“She’s a good specimen of her race,” cried the captain. “They always abuse other nations and cry out that they are betrayed when ill luck comes to them, instead of trying to help themselves, as we perfidious Englishmen do.”
Finding it impossible to persuade her, though, to open the door of the cabin, which was bolted and barred within, the skipper sang out to me to go on deck and ask Elsie Vereker to come down and try what she could do, thinking that the obstinate prisoner would doubtless recognise the girl’s voice and so, through her means, be made more amenable to reason.
No sooner said than done.
Up I went and down the companion-way. I returned anon accompanied not only by Miss Elsie, but by the colonel as well, Garry O’Neil, who hurried up the ladder after me with that intent, insisting on his coming below so that he could the better attend to his wounded leg, which had broken out again and needed fresh dressing, and after some little difficulty Garry got him down in safety.
Thanks to Elsie’s pleadings, Madame Boisson at length capitulated, promising to come out of her retreat as soon as she had had time, “to make her toilet.”
“By George!” exclaimed the skipper, overhearing this and turning with an ironical grin to the colonel, who had his leg upon a chair, and Garry bustling about him, busy with bandages, “she’s a true Frenchwoman, as I said at the first. Fancy, after being imprisoned there in that stuffy cabin for four and twenty hours and imagining herself and husband might be murdered every minute by a lot of pirate scoundrels, thinking of nothing but titifying herself, instead of thanking God for their escape and rushing out at the very first opportunity, eager to be free. Strange creatures!”
“Heavens!” exclaimed the colonel, smiling at the other’s outburst. “It is true, but they’re all alike, and I’ve seen a good many of them, my friend.”
Presently out sailed Madame Boisson, who I noticed was a middle-aged and well-preserved woman, attired in an elaborate dressing gown with a profusion of bows and ribbons fluttering about it, and with a good deal of pearl powder or some other cosmetic of that sort on her face, and her cheeks tinted here and there with—well, colour.

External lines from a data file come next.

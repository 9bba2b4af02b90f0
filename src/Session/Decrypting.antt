-- ===== src/Session/Decrypting.antt =====
-- The part of Session::OnRecv behind the handshake: the decrypted text goes into the receive buffer
-- that brought its bytes, and is delivered.
use yuwibo_server.Prelude.{
  ℕ, zero, suc, ◌-◌, ◌≤◌, ◌<◌, ◌^◌, ◌≡◌, ◌≢◌, refl, sym, ap, ◌∙◌, Bool, true, false, List, [], ◌∷◌,
  ◌++◌, some, arith, length, take, drop, get_elem?, length-take, length-replicate, ◌==◌, le→ltb,
  Outcome, ok, ◌>>=◌, or_fault, Always, ok-Always, spins-Always, then-Always, if-Always,
}
use yuwibo_server.Buffer.{
  Buffer, new, default_size, contents, get_stored_size, get_buffer_size, reset, resize, read_at,
  write_at, on_write, get_remaining_size, get_write_buffer,
}
use yuwibo_server.Buffer
use yuwibo_server.Buffer.Laws.{IsValid, length-contents, write-Stores}
use yuwibo_server.Buffer.Whole.{read_all}
use yuwibo_server.Buffer.Consuming.{get_stored_size_lem, reset-Holds}
use yuwibo_server.Framing.Build.{new-IsValid}
use yuwibo_server.Tls.{
  Ssl, SslError, error_none, error_want_read, error_want_write, error_other, drain, get_recv_text,
}
use yuwibo_server.Tls.Drain.{IsQueue, drain-Moves}
use yuwibo_server.Session.{Uring, Conn, recv_buffer, set_recv_buffer, deliver, receive_text}
use yuwibo_server.Session.Delivery.Streams.{IsChunk}

-- Neither a failure nor a wish to write.
abbrev pub is_quiet : SslError → Bool
is_quiet error_none = true
is_quiet error_want_read = true
is_quiet e = false

module _ {S : Type 0} (reader : ℕ → S → List ℕ × SslError × S)
    (quiet : (n : ℕ) (st : S) → is_quiet (reader n st).1 ≡ true) where
  drain-quiet :
      (fuel : ℕ) (b : Buffer) (err : SslError) (st : S)
      → is_quiet err ≡ true
      → Always (λ r. is_quiet r.0 ≡ true) (drain reader fuel b err st)
  unfolding drain
  drain-quiet zero b err st h = spins-Always
  drain-quiet (suc fuel) b err st h = then-Always (get_remaining_size b) (λ remaining.
      then-Always (get_write_buffer b) (λ pos.
        if-Always (remaining == 0) (λ e. ok-Always h)
          (λ e.
            by_bytes remaining pos (reader remaining st).0
              (λ b'. drain-quiet fuel b' err (reader remaining st).2 h))))
    where
      by_bytes :
          (remaining pos : ℕ) (bytes : List ℕ)
          → ((b' : Buffer)
              → Always {A = SslError × Buffer × S}
                  (λ r. is_quiet r.0 ≡ true)
                  (drain reader fuel b' err (reader remaining st).2))
          → Always {A = SslError × Buffer × S}
              (λ r. is_quiet r.0 ≡ true)
              (elim bytes [
                | [] ↦ ok ((reader remaining st).1, b, (reader remaining st).2)
                | x ∷ xs ↦ do
                  stored ← or_fault (write_at b.bytes pos (x ∷ xs))
                  b ← on_write (record b { bytes = stored }) (suc (length xs))
                  drain reader fuel b err (reader remaining st).2
              ])
      by_bytes remaining pos [] later = ok-Always (quiet remaining st)
      by_bytes remaining pos (x ∷ xs) later =
          then-Always (or_fault (write_at b.bytes pos (x ∷ xs)))
            (λ stored. then-Always (on_write (record b { bytes = stored }) (suc (length xs))) later)

pub some_taken : (xs : List ℕ) → xs ≢ [] → (length (take default_size xs) == 0) ≡ false
some_taken [] h = absurd (h refl)
some_taken (x ∷ xs) h = not_zero (omega (arith, length-take default_size (x ∷ xs)))
  where
    not_zero : {n : ℕ} → 1 ≤ n → (n == 0) ≡ false
    not_zero h = ground arith

module _ (ssl : Ssl) where
  get_recv_text_lem :
      (q : IsQueue ssl.read) (size : ℕ) (st : ssl.State)
      → ((n : ℕ) (st : ssl.State) → is_quiet (ssl.read n st).1 ≡ true)
      → size < 2 ^ 31
      → (n : ℕ) × (e : SslError) × (b : Buffer) × (st' : ssl.State) × (get_recv_text ssl
            (new size)
            st
          ≡ ok (n, e, b, st'))
        × (is_quiet e ≡ true)
        × IsValid b
        × (b.read_pos ≡ 0)
        × (contents b ≡ take size (q.pending st))
        × (n ≡ length (take size (q.pending st)))
        × (q.pending st' ≡ drop size (q.pending st))
  unfolding get_recv_text new
  get_recv_text_lem q size st quiet h =
      let (e, b, st', eq, v, r, c, p) =
        drain-Moves ssl.read q (suc (length (new size).bytes)) (new size) error_none st
          (new-IsValid size (omega arith)) refl (omega (arith, length-replicate {A = ℕ} size 0))
          (omega arith) in
      let held : contents b ≡ take size (q.pending st) = c ∙ ap (λ k. take k (q.pending st)) room in
      (
        length (contents b),
        e,
        b,
        st',
        rw (eq, get_stored_size_lem v, length-contents v) refl,
        (drain-quiet ssl.read quiet (suc (length (new size).bytes)) (new size) error_none st
              refl).of_result
            (e, b, st') eq,
        v,
        r,
        held,
        ap length held,
        p ∙ ap (λ k. drop k (q.pending st)) room,
      )
    where
      room : length (new size).bytes - (new size).write_pos ≡ size
      room = omega (arith, length-replicate {A = ℕ} size 0)

module _ (u : Uring) (ssl : Ssl) (W : Type 0)
    (handle : List ℕ → ℕ → Conn u ssl W → Outcome (Conn u ssl W)) where
  -- The text of a reception is delivered in the receive buffer `id`.
  abbrev pub Decrypts : (q : IsQueue ssl.read) → ℕ → Conn u ssl W → Outcome (Conn u ssl W) → Type 0
  Decrypts q id c out =
      (b : Buffer) × (st : ssl.State) × (out
        ≡ deliver u ssl W handle id (set_recv_buffer u ssl W id b (record c { tls = st })))
      × IsChunk b
      × (contents b ≡ take default_size (q.pending c.tls))
      × (q.pending st ≡ drop default_size (q.pending c.tls))

  get_buffer_size_lem : (b : Buffer) → IsValid b → get_buffer_size b ≡ ok (length b.bytes)
  unfolding get_buffer_size
  get_buffer_size_lem b v = rw v.free refl

  -- With the text at hand: it replaces what the receive buffer held.
  text_lem :
      (id n : ℕ) (e : SslError) (c : Conn u ssl W) (old reset_one filled text : Buffer)
      (st : ssl.State)
      → get_recv_text ssl (new default_size) c.tls ≡ ok (n, e, text, st)
      → is_quiet e ≡ true
      → (n == 0) ≡ false
      → get_elem? c.pool id ≡ some old
      → IsValid old
      → n ≤ length old.bytes
      → reset old ≡ ok reset_one
      → read_at text.bytes 0 n ≡ some (contents text)
      → Buffer.write reset_one (contents text) ≡ ok filled
      → receive_text u ssl W handle id c
        ≡ deliver u ssl W handle id (set_recv_buffer u ssl W id filled (record c { tls = st }))
  unfolding receive_text recv_buffer
  text_lem id n error_none c old reset_one filled text st got calm some_text here v fits emptied
        taken written =
      rw
        (
          got,
          some_text,
          here,
          get_buffer_size_lem old v,
          le→ltb (length old.bytes) n fits,
          emptied,
          taken,
          written,
        )
        refl
  text_lem id n error_want_read c old reset_one filled text st got calm some_text here v fits
        emptied taken written =
      rw
        (
          got,
          some_text,
          here,
          get_buffer_size_lem old v,
          le→ltb (length old.bytes) n fits,
          emptied,
          taken,
          written,
        )
        refl
  text_lem id n error_want_write c old reset_one filled text st got calm some_text here v fits
        emptied taken written =
      cc
  text_lem id n error_other c old reset_one filled text st got calm some_text here v fits emptied
        taken written =
      cc

  -- If SSL_read hands out the decrypted text in order and reports neither a failure nor a wish to
  -- write, and there is text, then OnRecv, behind the handshake, takes the oldest 4096 bytes of
  -- it, or all, and delivers exactly them, alone and unread, in the receive buffer that brought
  -- the bytes, if that is a valid buffer of at least 4096 bytes; the rest of the text stays with
  -- OpenSSL.
  pub receive_text-Decrypts :
      (q : IsQueue ssl.read) (id : ℕ) (c : Conn u ssl W) (old : Buffer)
      → ((n : ℕ) (st : ssl.State) → is_quiet (ssl.read n st).1 ≡ true)
      → get_elem? c.pool id ≡ some old
      → IsValid old
      → default_size ≤ length old.bytes
      → q.pending c.tls ≢ []
      → Decrypts q id c (receive_text u ssl W handle id c)
  receive_text-Decrypts q id c old quiet here v large some_text =
      let (n, e, text, st, got, calm, vt, rt, held, counted, left) =
        get_recv_text_lem ssl q default_size c.tls quiet (omega arith) in
      let (empty, emptied, v₁, nothing, r₁) = reset-Holds {b = old} v in
      let few : n ≤ default_size =
        omega (arith, counted, length-take default_size (q.pending c.tls)) in
      let (filled, written, v₂, stored, r₂, longer, size) =
        write-Stores {b = empty} (contents text) v₁
          (omega (arith, length-contents v₁, ap length nothing, ap length held, counted, few)) in
      (
        filled,
        st,
        text_lem id n e c old empty filled text st got calm
            (ap (λ k. k == 0) counted ∙ some_taken (q.pending c.tls) some_text) here v
            (omega (arith, few)) emptied (read_all text n vt rt (counted ∙ ap length (sym held)))
            written,
        record { valid = v₂; unread = r₂ ∙ r₁ },
        stored ∙ ap (λ xs. xs ++ contents text) nothing ∙ held,
        left,
      )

Despite her screams and hysterics, however, there was no trace of a tear in her twinkling black eyes, although her fat little husband, who ambled meekly in her train, betrayed signs of great emotion, his red face all swollen from crying, and otherwise looking like a whipped cur.
Madame made a most gracious salute to us all, and, glancing at me with a spice of coquetry, to which she was evidently not unaccustomed, was pleased to observe, that I was “un beau garçon.”